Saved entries

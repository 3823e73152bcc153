-- ===== src/DeviceMap/Sync.antt =====
-- What a synchronisation and an update leave in the device map (device_map.py).
use staykey_ha_plugin.Prelude.{
  String, ◌≡◌, ◌≢◌, Option, none, some, List, [], ◌∷◌, ◌==◌, eq_iff, arith, Option-cases,
  Bool-cases, All, inl, inr,
}
use staykey_ha_plugin.Python.Dict.{lookup, lookup-insert, lookup-erase, lookup-empty}
use staykey_ha_plugin.Python.Exec.{modify, ◌>>=◌, ◌>>◌}
use staykey_ha_plugin.DeviceMap.{
  or_empty, Device, DeviceMap, new, add_known, id_of, add_device, remove_found, remove_device,
  add_devices, load_sync, get_device_id, apply_update,
}
use staykey_ha_plugin.DeviceMap.Reverse.{
  IsSound, IsExact, add_known-IsExact, add_known-IsSound, remove_device-IsSound,
  lookup-insert_truthy,
}

-- Two devices with different IDs that do not name the same entity.
abbrev pub Apart : Device → Device → Type 0
Apart a b =
    (a.device_id ≢ b.device_id)
    × (or_empty a.external_id ≡ or_empty b.external_id → or_empty a.external_id ≡ "")

abbrev pub AreApart : List Device → Type 0
AreApart [] = Unit
AreApart (a ∷ ds) = All (Apart a) ds × AreApart ds

abbrev pub IsNew : DeviceMap → Device → Type 0
IsNew m a =
    ((i : String) → a.device_id ≡ some i → lookup i m.forward ≡ none)
    × (lookup (or_empty a.external_id) m.reverse ≡ none)

IsNew-add_known :
    (m : DeviceMap) (a b : Device) (i : String)
    → a.device_id ≡ some i
    → Apart a b
    → IsNew m b
    → IsNew (add_known i a m) b
unfolding add_known
IsNew-add_known m a b i is apart (ids, entity) = (
  λ j e. ground (arith, lookup-insert i j a m.forward, ids j, eq_iff i j, apart.0),
  ground (
    arith,
    entity,
    lookup-insert_truthy (or_empty a.external_id) (or_empty b.external_id) i m.reverse,
    eq_iff (or_empty a.external_id) (or_empty b.external_id),
    eq_iff (or_empty a.external_id) "",
  ),
)

All-IsNew-add_known :
    (m : DeviceMap) (a : Device) (i : String) (ds : List Device)
    → a.device_id ≡ some i
    → All (Apart a) ds
    → All (IsNew m) ds
    → All (IsNew (add_known i a m)) ds
All-IsNew-add_known m a i [] is apart h = tt
All-IsNew-add_known m a i (b ∷ ds) is (p, apart) (q, h) =
    (IsNew-add_known m a b i is p q, All-IsNew-add_known m a i ds is apart h)

add_devices-IsExact :
    (ds : List Device) (m : DeviceMap)
    → AreApart ds
    → All (IsNew m) ds
    → IsExact m
    → IsExact (add_devices ds m).1
unfolding add_devices add_device
add_devices-IsExact [] m apart fresh h = h
add_devices-IsExact (a ∷ ds) m (first, apart) ((ids, entity), fresh) h =
    elim (Option-cases a.device_id) [
      | inl missing ↦ simp (missing, id_of) h
      | inr (i, is) ↦
          simp (is, id_of)
            (add_devices-IsExact ds (add_known i a m) apart
              (All-IsNew-add_known m a i ds is first fresh)
              (add_known-IsExact i m a (ids i is) entity h))
    ]

IsExact-new : IsExact new
unfolding new
IsExact-new = record {
  sound = record { listed = λ e d p. cc (lookup-empty {V = String} e) };
  complete = λ e d p. ground (arith, lookup-empty {V = Device} d);
}

All-IsNew-new : (ds : List Device) → All (IsNew new) ds
unfolding new
All-IsNew-new [] = tt
All-IsNew-new (a ∷ ds) =
    ((λ i e. lookup-empty i, lookup-empty (or_empty a.external_id)), All-IsNew-new ds)

-- A synchronisation with devices of different IDs and different entities leaves a map whose two
-- directions agree, whatever it held before, and also where an entry without an ID stops it.
pub load_sync-IsExact :
    (ds : List Device) (m : DeviceMap) → AreApart ds → IsExact (load_sync ds m).1
unfolding load_sync
load_sync-IsExact ds m apart = add_devices-IsExact ds new apart (All-IsNew-new ds) IsExact-new

lookup-remove_device : (i : String) (m : DeviceMap) → lookup i (remove_device i m).forward ≡ none
unfolding remove_device remove_found
lookup-remove_device i m = ground (arith, lookup-erase i i m.forward, eq_iff i i)

add_device-IsSound :
    (a : Device) (m : DeviceMap)
    → ((i : String) → a.device_id ≡ some i → lookup i m.forward ≡ none)
    → IsSound m
    → IsSound (add_device a m).1
unfolding add_device
add_device-IsSound a m fresh h = elim (Option-cases a.device_id) [
  | inl missing ↦ simp (missing, id_of) h
  | inr (i, is) ↦ simp (is, id_of) (add_known-IsSound i m a (fresh i is) h)
]

-- `update`: the old entry goes before the new one comes
replace_device-IsSound :
    (a : Device) (m : DeviceMap)
    → IsSound m
    → IsSound ((id_of a >>= λ i. modify (remove_device i) >> add_device a) m).1
unfolding add_device
replace_device-IsSound a m h = elim (Option-cases a.device_id) [
  | inl missing ↦ simp (missing, id_of) h
  | inr (i, is) ↦
      simp (is, id_of)
        (add_known-IsSound i (remove_device i m) a (lookup-remove_device i m)
          (remove_device-IsSound i m h))
]

-- An update keeps every listed entity right: always for `remove`, `update` and unknown actions, and
-- for `add` if the map does not know the device's ID.
pub apply_update-IsSound :
    (action : String) (device : Option Device) (device_id : Option String) (m : DeviceMap)
    → (action ≡ "add"
        → (a : Device) (i : String) → device ≡ some a
        → a.device_id ≡ some i
        → lookup i m.forward ≡ none)
    → IsSound m
    → IsSound (apply_update action device device_id m).1
unfolding apply_update
apply_update-IsSound action device device_id m fresh h = elim (Bool-cases (action == "add")) [
  | inl adds ↦ rw adds (elim (Option-cases device) [
    | inl missing ↦ rw missing h
    | inr (a, given) ↦
        rw given (add_device-IsSound a m (λ i is. fresh ((eq_iff _ _).0 adds) a i given is) h)
  ])
  | inr no_add ↦ rw no_add (elim (Bool-cases (action == "remove")) [
    | inl removes ↦ rw removes (elim (Option-cases device_id) [
      | inl missing ↦ rw missing h
      | inr (i, given) ↦ rw given (remove_device-IsSound i m h)
    ])
    | inr no_remove ↦ rw no_remove (elim (Bool-cases (action == "update")) [
      | inl updates ↦ rw updates (elim (Option-cases device) [
        | inl missing ↦ rw missing h
        | inr (a, given) ↦ rw given (replace_device-IsSound a m h)
      ])
      | inr other ↦ rw other h
    ])
  ])
]

-- An `add` for a device that is listed under another entity leaves the old entity listed for it, so
-- the map is no longer right.
pub add_known_stale :
    (i e : String) (a : Device) (m : DeviceMap)
    → get_device_id e m ≡ some i
    → or_empty a.external_id ≢ e
    → (get_device_id e (add_known i a m) ≡ some i) × ¬ IsSound (add_known i a m)
unfolding get_device_id add_known
add_known_stale i e a m was other =
    let still : lookup e (add_known i a m).reverse ≡ some i = ground (
      arith,
      was,
      lookup-insert_truthy (or_empty a.external_id) e i m.reverse,
      eq_iff (or_empty a.external_id) e,
    ) in
    (still, λ s. ground (arith, s.listed e i still, lookup-insert i i a m.forward, eq_iff i i))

* **THE TASK**
Go through the entries and return each line where the word "record" appears.

* **WRITTEN REPLY**
IsExact-new = record {
  sound = record { listed = λ e d p. cc (lookup-empty {V = String} e) };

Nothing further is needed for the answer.